Zwar schritten israelische Polizisten in diesem Fall ein, so daß es zu
keinerlei Verletzungen gekommen ist, offenbar ist es ihnen aber nicht
gelungen, der Angreifer habhaft zu werden. Derzeit werde der Vorfall
seitens der israelischen Polizei „untersucht“, so eine Erklärung
des britischen Konsulats. In Hebron leben inmitten der dort beheimateten
etwa 120.000 Palästinenser etwa 500 israelische „Siedler“, die von
rund 1.200 israelischen Soldaten „geschützt“ werden.
Bereits
am 27. Juli veröffentlichte die Organisation International Solidarity
Movement (ISM), die sich der Unterstützung der palästinensischen Bevölkerung
verschrieben hat, einen Artikel,
dem zufolge mehrere israelische „Siedler“ am gleichen Tag eine
Gruppe palästinensischer Kinder und ihre zwei Begleiter von der
Organisation Christian Peacemaker Teams (CPT) mit Steinwürfen
angegriffen haben.
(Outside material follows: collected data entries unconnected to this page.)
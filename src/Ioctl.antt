-- ===== src/Ioctl.antt =====
-- include/pposix/ioctl.hpp and src/ioctl.cpp: the six overloads of `ioctl`.
use pposix.Base.{ℕ, ℤ, ◌≡◌}
use pposix.Errno.{World, Sys}
use pposix.Call.{common_call, error_result, never_a_value, error_result_lem}
use pposix.FileDescriptor.{RawFd, raw_fd_t}
use pposix.Result.{Result}
use pposix.Span.AnyView.{AnyView, AnyCview}

-- `::ioctl`, one field for each shape of its last argument.
pub record IoctlApi (K : Type 0) : Type 0 where
  pub ioctl_int : ℤ → ℤ → ℤ → Sys K ℤ
  pub ioctl_pointer : ℤ → ℤ → ℕ → Sys K ℤ

-- `ioctl_request`, an enumeration of `int`s.
pub record IoctlRequest : Type 0 where
  pub request : ℤ

module _ {K : Type 0} (os : IoctlApi K) where
  -- `ioctl(raw_fd, ioctl_request, int)`
  unfoldable pub ioctl_int : RawFd → IoctlRequest → ℤ → Sys K (Result ℤ)
  unfolding common_call error_result
  ioctl_int fd r i = error_result (common_call (os.ioctl_int (raw_fd_t fd) r.request i))

  -- `ioctl(raw_fd, ioctl_request, void *)`
  unfoldable pub ioctl_pointer : RawFd → IoctlRequest → ℕ → Sys K (Result ℤ)
  unfolding common_call error_result
  ioctl_pointer fd r ptr = error_result (common_call (os.ioctl_pointer (raw_fd_t fd) r.request ptr))

  -- `ioctl(raw_fd, ioctl_request, const void *)`
  unfoldable pub ioctl_const_pointer : RawFd → IoctlRequest → ℕ → Sys K (Result ℤ)
  unfolding common_call error_result
  ioctl_const_pointer fd r ptr =
      error_result (common_call (os.ioctl_pointer (raw_fd_t fd) r.request ptr))

  -- `ioctl(raw_fd, ioctl_request, std::nullptr_t)`
  unfoldable pub ioctl_null : RawFd → IoctlRequest → Sys K (Result ℤ)
  unfolding ioctl_pointer
  ioctl_null fd r = ioctl_pointer fd r 0

  unfoldable pub ioctl_view : RawFd → IoctlRequest → AnyView → Sys K (Result ℤ)
  unfolding ioctl_pointer
  ioctl_view fd r val = ioctl_pointer fd r val.data_

  unfoldable pub ioctl_cview : RawFd → IoctlRequest → AnyCview → Sys K (Result ℤ)
  unfolding ioctl_const_pointer
  ioctl_cview fd r val = ioctl_const_pointer fd r val.data_

  -- Every overload makes the one call and reports an error whatever the call returned: its `errno`
  -- after a -1, the error code 0 otherwise.
  pub ioctl_lem :
      (fd : ℤ) (r : IoctlRequest) (i : ℤ) (view : AnyView) (cview : AnyCview) (w : World K)
      → let f : RawFd = record { fd_ = fd } in
        (ioctl_int f r i w ≡ never_a_value (os.ioctl_int fd r.request i w))
        × (ioctl_null f r w ≡ never_a_value (os.ioctl_pointer fd r.request 0 w))
        × (ioctl_view f r view w ≡ never_a_value (os.ioctl_pointer fd r.request view.data_ w))
        × (ioctl_cview f r cview w ≡ never_a_value (os.ioctl_pointer fd r.request cview.data_ w))
  unfolding ioctl_int ioctl_null ioctl_view ioctl_cview
  ioctl_lem fd r i view cview w = (
    error_result_lem (os.ioctl_int fd r.request i) w,
    error_result_lem (os.ioctl_pointer fd r.request 0) w,
    error_result_lem (os.ioctl_pointer fd r.request view.data_) w,
    error_result_lem (os.ioctl_pointer fd r.request cview.data_) w,
  )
Nachdem es den Kindern im Alter zwischen 6 und 15
Jahren gelungen war, den Steinen unverletzt zu entkommen, wandten sich
die „Siedler“ gegen das CPT-Mitglied Joel Gulledge, der den Angriff
mit einer Videokamera aufgezeichnet hatte. Nachdem sie ihn mit einem
Stein getroffen hatten und er zu Boden gegangen war, liefen sie zu ihm
und schlugen ihn mit einem Stein und seiner Kamera. Anschließend
rannten sie mit seiner Kamera weg. In den Tagen vor diesem Angriff war
es bereits mehrfach zu ähnlichen Angriffen auf die Kinder gekommen, das
israelische Militär weigerte sich aber, ihnen auf ihrem Weg in das
Ferienlager Schutz zu gewähren.
Am
21. Juli berichtete die israelische Haaretz,
daß zwei selbstgebaute Raketen in der Nähe der palästinensischen Dörfer
Odala und Awarta in der West Bank eingeschlagen sind. Anwohner sagten,
diese seien von der nahegelegenen israelischen „Siedlung“ Yitzhar
aus auf sie abgefeuert worden. Zwar bezeichnete eine nicht näher
benannte Quelle innerhalb der israelischen Sicherheitskräfte diese
Darstellung als unzutreffend, ein Kameramann der Nachrichtenagentur
Reuters hat allerdings selbst eine etwa 45 Zentimeter lange Rakete auf
einem Acker brennen gesehen. Damit nicht genug war erst eine Woche zuvor
Gilad Herman, ein in Yitzhar wohnender „Siedler“ von der
israelischen Polizei verhaftet worden, weil er verdächtigt wurde, an
einem anderen Raketenangriff auf das palästinensische Dorf Burin im
Juni beteiligt gewesen zu sein. Es ist also offensichtlich durchaus so,
daß mittlerweile selbstgebaute Raketen auf Palästinenser abgefeuert
werden.
Daß
diese massiv anwachsende Gewalt ebenso wie das mindermotivierte Vorgehen
der israelischen Behörden gegen sie kaum geeignet ist, die Beziehungen
zwischen Israelis und Palästinensern zu verbessern, ist offensichtlich.
Aber das ist ohne Zweifel auch nicht ihr Ziel. Vielmehr versuchen die
„Siedler“ hier offenbar, Palästinenser zu vertreiben, um so
leichter weitere Flächen für „Siedlungen“ annektieren zu können.